▶ The task: Transcribe only the lines of the listing below from the one holding "pub at_placement : get_elem?" through the one holding "rest) i p w q u", inclusive, without any change.

:: Material supplied

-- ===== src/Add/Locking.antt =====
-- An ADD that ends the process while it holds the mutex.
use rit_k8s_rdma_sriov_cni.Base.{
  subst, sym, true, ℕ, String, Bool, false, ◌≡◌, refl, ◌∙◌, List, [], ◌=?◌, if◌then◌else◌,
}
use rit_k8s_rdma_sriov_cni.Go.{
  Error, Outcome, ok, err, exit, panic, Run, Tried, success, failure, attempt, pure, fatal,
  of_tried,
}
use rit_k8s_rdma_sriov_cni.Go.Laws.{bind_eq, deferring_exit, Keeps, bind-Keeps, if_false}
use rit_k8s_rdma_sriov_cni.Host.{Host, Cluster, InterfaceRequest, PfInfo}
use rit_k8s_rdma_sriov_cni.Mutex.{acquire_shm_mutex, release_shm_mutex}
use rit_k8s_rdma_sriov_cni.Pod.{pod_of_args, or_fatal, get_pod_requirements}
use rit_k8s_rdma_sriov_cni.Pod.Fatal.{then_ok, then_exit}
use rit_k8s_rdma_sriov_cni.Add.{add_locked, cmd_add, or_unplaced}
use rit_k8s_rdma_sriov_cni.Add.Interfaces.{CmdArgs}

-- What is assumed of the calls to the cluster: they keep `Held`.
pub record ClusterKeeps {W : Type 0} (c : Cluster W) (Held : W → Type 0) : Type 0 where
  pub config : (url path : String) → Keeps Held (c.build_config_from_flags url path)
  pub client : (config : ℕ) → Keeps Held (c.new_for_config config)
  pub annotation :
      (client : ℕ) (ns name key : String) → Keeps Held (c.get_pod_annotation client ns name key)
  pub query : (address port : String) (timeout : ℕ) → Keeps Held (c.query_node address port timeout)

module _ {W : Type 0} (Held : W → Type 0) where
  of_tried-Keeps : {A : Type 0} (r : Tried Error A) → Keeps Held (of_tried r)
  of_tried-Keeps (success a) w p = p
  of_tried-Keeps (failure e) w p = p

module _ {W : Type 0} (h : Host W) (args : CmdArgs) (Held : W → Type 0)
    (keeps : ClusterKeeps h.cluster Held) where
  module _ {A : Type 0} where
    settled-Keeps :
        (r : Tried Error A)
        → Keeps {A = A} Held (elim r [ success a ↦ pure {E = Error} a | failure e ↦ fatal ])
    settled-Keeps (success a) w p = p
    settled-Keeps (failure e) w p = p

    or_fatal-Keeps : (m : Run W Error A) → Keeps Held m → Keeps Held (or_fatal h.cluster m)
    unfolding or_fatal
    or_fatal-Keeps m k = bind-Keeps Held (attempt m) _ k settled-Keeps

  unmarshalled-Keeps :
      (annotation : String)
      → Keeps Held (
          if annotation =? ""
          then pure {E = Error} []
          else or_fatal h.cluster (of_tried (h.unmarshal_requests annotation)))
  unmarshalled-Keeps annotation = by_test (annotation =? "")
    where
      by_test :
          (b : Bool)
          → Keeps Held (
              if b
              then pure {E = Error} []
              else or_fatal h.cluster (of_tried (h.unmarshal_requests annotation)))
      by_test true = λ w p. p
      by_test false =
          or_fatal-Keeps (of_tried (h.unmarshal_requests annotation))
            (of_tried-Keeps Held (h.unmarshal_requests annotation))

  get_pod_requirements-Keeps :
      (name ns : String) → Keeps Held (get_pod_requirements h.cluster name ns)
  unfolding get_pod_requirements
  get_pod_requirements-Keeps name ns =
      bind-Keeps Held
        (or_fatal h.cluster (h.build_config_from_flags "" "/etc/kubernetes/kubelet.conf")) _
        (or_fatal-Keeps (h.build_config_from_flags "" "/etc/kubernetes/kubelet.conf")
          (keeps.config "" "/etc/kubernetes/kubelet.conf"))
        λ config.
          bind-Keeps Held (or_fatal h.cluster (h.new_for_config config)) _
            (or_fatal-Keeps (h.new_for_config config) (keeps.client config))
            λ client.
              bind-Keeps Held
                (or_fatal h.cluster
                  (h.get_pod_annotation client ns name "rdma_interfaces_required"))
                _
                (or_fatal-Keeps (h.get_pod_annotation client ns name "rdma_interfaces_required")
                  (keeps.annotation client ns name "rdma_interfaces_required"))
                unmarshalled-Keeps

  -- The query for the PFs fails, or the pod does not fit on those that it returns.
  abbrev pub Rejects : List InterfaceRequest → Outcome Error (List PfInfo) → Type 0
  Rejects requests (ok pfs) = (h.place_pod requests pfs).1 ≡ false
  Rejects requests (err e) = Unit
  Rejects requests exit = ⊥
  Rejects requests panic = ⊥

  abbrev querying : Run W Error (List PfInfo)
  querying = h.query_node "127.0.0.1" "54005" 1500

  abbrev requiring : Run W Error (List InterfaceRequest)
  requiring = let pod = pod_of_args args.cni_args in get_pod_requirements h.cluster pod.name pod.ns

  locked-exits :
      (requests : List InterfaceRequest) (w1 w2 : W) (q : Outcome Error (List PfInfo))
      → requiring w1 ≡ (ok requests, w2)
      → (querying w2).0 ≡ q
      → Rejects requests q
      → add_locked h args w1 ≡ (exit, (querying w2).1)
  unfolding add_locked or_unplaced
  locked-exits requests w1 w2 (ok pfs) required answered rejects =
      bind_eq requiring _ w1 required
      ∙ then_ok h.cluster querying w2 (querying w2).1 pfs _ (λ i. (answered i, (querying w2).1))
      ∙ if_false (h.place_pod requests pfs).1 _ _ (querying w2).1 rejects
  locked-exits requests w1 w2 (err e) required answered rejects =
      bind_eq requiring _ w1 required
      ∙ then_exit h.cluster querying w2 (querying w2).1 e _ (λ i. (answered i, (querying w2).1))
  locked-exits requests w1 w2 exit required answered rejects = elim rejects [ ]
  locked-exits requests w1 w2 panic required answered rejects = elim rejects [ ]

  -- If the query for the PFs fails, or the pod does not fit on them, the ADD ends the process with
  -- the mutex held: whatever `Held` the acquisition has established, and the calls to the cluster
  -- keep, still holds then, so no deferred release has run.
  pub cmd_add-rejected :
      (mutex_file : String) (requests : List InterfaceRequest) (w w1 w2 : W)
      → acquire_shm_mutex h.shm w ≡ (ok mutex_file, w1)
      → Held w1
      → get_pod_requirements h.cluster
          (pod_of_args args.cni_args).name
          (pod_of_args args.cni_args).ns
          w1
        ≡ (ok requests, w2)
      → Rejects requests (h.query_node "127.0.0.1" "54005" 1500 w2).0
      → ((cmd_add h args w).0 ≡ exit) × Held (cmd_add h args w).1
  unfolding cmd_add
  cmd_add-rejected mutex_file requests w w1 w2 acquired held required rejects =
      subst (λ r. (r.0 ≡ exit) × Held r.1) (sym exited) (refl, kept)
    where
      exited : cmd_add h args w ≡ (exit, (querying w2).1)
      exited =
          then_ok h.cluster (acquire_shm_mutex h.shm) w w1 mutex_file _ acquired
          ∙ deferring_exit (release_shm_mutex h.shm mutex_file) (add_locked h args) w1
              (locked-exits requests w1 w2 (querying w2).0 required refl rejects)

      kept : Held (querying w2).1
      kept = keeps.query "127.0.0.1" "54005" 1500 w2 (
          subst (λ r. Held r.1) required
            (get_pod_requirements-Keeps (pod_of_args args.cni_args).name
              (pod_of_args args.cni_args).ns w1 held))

::::
:: Material supplied

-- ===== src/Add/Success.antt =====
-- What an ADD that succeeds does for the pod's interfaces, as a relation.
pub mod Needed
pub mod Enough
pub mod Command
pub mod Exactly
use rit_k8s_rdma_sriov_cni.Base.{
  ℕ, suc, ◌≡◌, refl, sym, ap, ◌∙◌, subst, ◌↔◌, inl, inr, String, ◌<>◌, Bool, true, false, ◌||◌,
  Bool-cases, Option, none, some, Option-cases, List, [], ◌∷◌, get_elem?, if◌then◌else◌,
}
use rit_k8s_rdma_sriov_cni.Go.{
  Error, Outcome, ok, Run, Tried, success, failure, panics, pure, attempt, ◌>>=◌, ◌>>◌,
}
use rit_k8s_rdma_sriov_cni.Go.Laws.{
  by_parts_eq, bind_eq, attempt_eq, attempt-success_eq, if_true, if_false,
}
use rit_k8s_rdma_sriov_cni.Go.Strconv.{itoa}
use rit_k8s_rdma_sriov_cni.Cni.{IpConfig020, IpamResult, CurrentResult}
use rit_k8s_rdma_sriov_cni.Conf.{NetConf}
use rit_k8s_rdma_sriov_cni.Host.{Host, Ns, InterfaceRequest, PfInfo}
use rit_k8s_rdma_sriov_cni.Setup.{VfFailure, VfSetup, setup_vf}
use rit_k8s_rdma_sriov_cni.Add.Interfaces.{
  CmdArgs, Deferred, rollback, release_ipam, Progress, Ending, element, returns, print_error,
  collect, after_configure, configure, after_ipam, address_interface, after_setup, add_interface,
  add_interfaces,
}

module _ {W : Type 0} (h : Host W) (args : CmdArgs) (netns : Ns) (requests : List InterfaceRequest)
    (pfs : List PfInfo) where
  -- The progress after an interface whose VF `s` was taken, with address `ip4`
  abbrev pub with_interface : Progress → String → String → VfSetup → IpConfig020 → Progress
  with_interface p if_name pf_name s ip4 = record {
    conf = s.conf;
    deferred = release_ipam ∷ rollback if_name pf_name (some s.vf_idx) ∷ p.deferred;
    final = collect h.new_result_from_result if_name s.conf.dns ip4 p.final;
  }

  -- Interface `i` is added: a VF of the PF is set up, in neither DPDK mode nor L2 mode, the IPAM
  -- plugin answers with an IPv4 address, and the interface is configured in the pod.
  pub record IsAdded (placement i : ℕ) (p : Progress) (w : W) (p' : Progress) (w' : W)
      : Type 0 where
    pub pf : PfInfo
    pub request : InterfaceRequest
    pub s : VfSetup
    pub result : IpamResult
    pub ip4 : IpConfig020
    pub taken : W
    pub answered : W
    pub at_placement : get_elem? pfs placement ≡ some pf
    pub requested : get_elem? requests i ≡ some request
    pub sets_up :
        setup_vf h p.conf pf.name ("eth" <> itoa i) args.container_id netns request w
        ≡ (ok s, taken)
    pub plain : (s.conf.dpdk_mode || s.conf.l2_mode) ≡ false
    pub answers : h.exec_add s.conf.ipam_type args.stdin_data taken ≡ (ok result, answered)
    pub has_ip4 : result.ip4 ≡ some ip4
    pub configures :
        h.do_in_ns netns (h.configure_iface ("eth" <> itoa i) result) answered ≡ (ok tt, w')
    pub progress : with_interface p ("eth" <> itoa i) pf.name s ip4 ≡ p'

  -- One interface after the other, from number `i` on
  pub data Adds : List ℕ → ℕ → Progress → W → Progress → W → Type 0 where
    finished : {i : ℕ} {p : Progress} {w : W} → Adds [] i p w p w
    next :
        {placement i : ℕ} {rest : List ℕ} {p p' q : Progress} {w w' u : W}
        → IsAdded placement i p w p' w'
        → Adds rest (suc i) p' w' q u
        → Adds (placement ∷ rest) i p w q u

::::

▶ Completed exercise:
    pub at_placement : get_elem? pfs placement ≡ some pf
    pub requested : get_elem? requests i ≡ some request
    pub sets_up :
        setup_vf h p.conf pf.name ("eth" <> itoa i) args.container_id netns request w
        ≡ (ok s, taken)
    pub plain : (s.conf.dpdk_mode || s.conf.l2_mode) ≡ false
    pub answers : h.exec_add s.conf.ipam_type args.stdin_data taken ≡ (ok result, answered)
    pub has_ip4 : result.ip4 ≡ some ip4
    pub configures :
        h.do_in_ns netns (h.configure_iface ("eth" <> itoa i) result) answered ≡ (ok tt, w')
    pub progress : with_interface p ("eth" <> itoa i) pf.name s ip4 ≡ p'

  -- One interface after the other, from number `i` on
  pub data Adds : List ℕ → ℕ → Progress → W → Progress → W → Type 0 where
    finished : {i : ℕ} {p : Progress} {w : W} → Adds [] i p w p w
    next :
        {placement i : ℕ} {rest : List ℕ} {p p' q : Progress} {w w' u : W}
        → IsAdded placement i p w p' w'
        → Adds rest (suc i) p' w' q u
        → Adds (placement ∷ rest) i p w q u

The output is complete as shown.